What you will do: The lines from the one with "-- A record" through the last line below are to be copied exactly; no other lines are to be returned.

Provided material:
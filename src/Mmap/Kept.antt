-- ===== src/Mmap/Kept.antt =====
-- What two states of a queue have in common when they differ in what is mapped only.
use skywalking_satellite.Base.{ℕ, ◌≡◌, refl, ◌∙◌, Bool}
use skywalking_satellite.Mmap.State.{Queue}

-- `t` differs from `q` at most in its segment files and in which of them are mapped.
pub record Kept {File : Type 0} (q t : Queue File) : Type 0 where
  pub segment_size : t.segment_size ≡ q.segment_size
  pub max_in_mem : t.max_in_mem_segments ≡ q.max_in_mem_segments
  pub capacity : t.queue_capacity_segments ≡ q.queue_capacity_segments
  pub ceiling : t.flush_ceiling_num ≡ q.flush_ceiling_num
  pub max_event : t.max_event_size ≡ q.max_event_size
  pub meta : t.meta ≡ q.meta
  pub unflushed : t.unflushed_num ≡ q.unflushed_num
  pub signals : t.flush_signals ≡ q.flush_signals
  pub mark_read : t.mark_read ≡ q.mark_read
  pub ready : t.ready ≡ q.ready
  pub locker : (i : ℕ) → t.locker i ≡ q.locker i
  pub used : t.used_size ≡ q.used_size

-- The same, with the files and the locks as they were.
abbrev pub Quiet : {File : Type 0} → Queue File → Queue File → Type 0
Quiet q t = Kept q t × (t.files ≡ q.files) × (t.locker ≡ q.locker)

module _ {File : Type 0} where
  pub Kept-refl : (q : Queue File) → Kept q q
  Kept-refl q = record {
    segment_size = refl;
    max_in_mem = refl;
    capacity = refl;
    ceiling = refl;
    max_event = refl;
    meta = refl;
    unflushed = refl;
    signals = refl;
    mark_read = refl;
    ready = refl;
    locker = λ i. refl;
    used = refl;
  }

  pub Kept-trans : {q t u : Queue File} → Kept q t → Kept t u → Kept q u
  Kept-trans h k = record {
    segment_size = k.segment_size ∙ h.segment_size;
    max_in_mem = k.max_in_mem ∙ h.max_in_mem;
    capacity = k.capacity ∙ h.capacity;
    ceiling = k.ceiling ∙ h.ceiling;
    max_event = k.max_event ∙ h.max_event;
    meta = k.meta ∙ h.meta;
    unflushed = k.unflushed ∙ h.unflushed;
    signals = k.signals ∙ h.signals;
    mark_read = k.mark_read ∙ h.mark_read;
    ready = k.ready ∙ h.ready;
    locker = λ i. k.locker i ∙ h.locker i;
    used = k.used ∙ h.used;
  }

  -- Whatever stands in the buffer of marks does not count.
  pub Kept-unmarked : {q t : Queue File} → Kept q t → Kept q (record t { mark_read = q.mark_read })
  Kept-unmarked k = record {
    segment_size = k.segment_size;
    max_in_mem = k.max_in_mem;
    capacity = k.capacity;
    ceiling = k.ceiling;
    max_event = k.max_event;
    meta = k.meta;
    unflushed = k.unflushed;
    signals = k.signals;
    mark_read = refl;
    ready = k.ready;
    locker = k.locker;
    used = k.used;
  }

  pub Quiet-refl : (q : Queue File) → Quiet q q
  Quiet-refl q = (Kept-refl q, refl, refl)

  pub Quiet-trans : {q t u : Queue File} → Quiet q t → Quiet t u → Quiet q u
  Quiet-trans h k = (Kept-trans h.0 k.0, k.1 ∙ h.1, k.2 ∙ h.2)

  -- A record that differs in what is mapped only.
  pub Quiet-mapped :
      (q : Queue File) (n : ℕ) (m : ℕ → Bool) → Quiet q (record q { mmap_count = n; mapped = m })
  Quiet-mapped q n m = (
    record {
      segment_size = refl;
      max_in_mem = refl;
      capacity = refl;
      ceiling = refl;
      max_event = refl;
      meta = refl;
      unflushed = refl;
      signals = refl;
      mark_read = refl;
      ready = refl;
      locker = λ i. refl;
      used = refl;
    },
    refl,
    refl,
  )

Output below:
  -- A record that differs in what is mapped only.
  pub Quiet-mapped :
      (q : Queue File) (n : ℕ) (m : ℕ → Bool) → Quiet q (record q { mmap_count = n; mapped = m })
  Quiet-mapped q n m = (
    record {
      segment_size = refl;
      max_in_mem = refl;
      capacity = refl;
      ceiling = refl;
      max_event = refl;
      meta = refl;
      unflushed = refl;
      signals = refl;
      mark_read = refl;
      ready = refl;
      locker = λ i. refl;
      used = refl;
    },
    refl,
    refl,
  )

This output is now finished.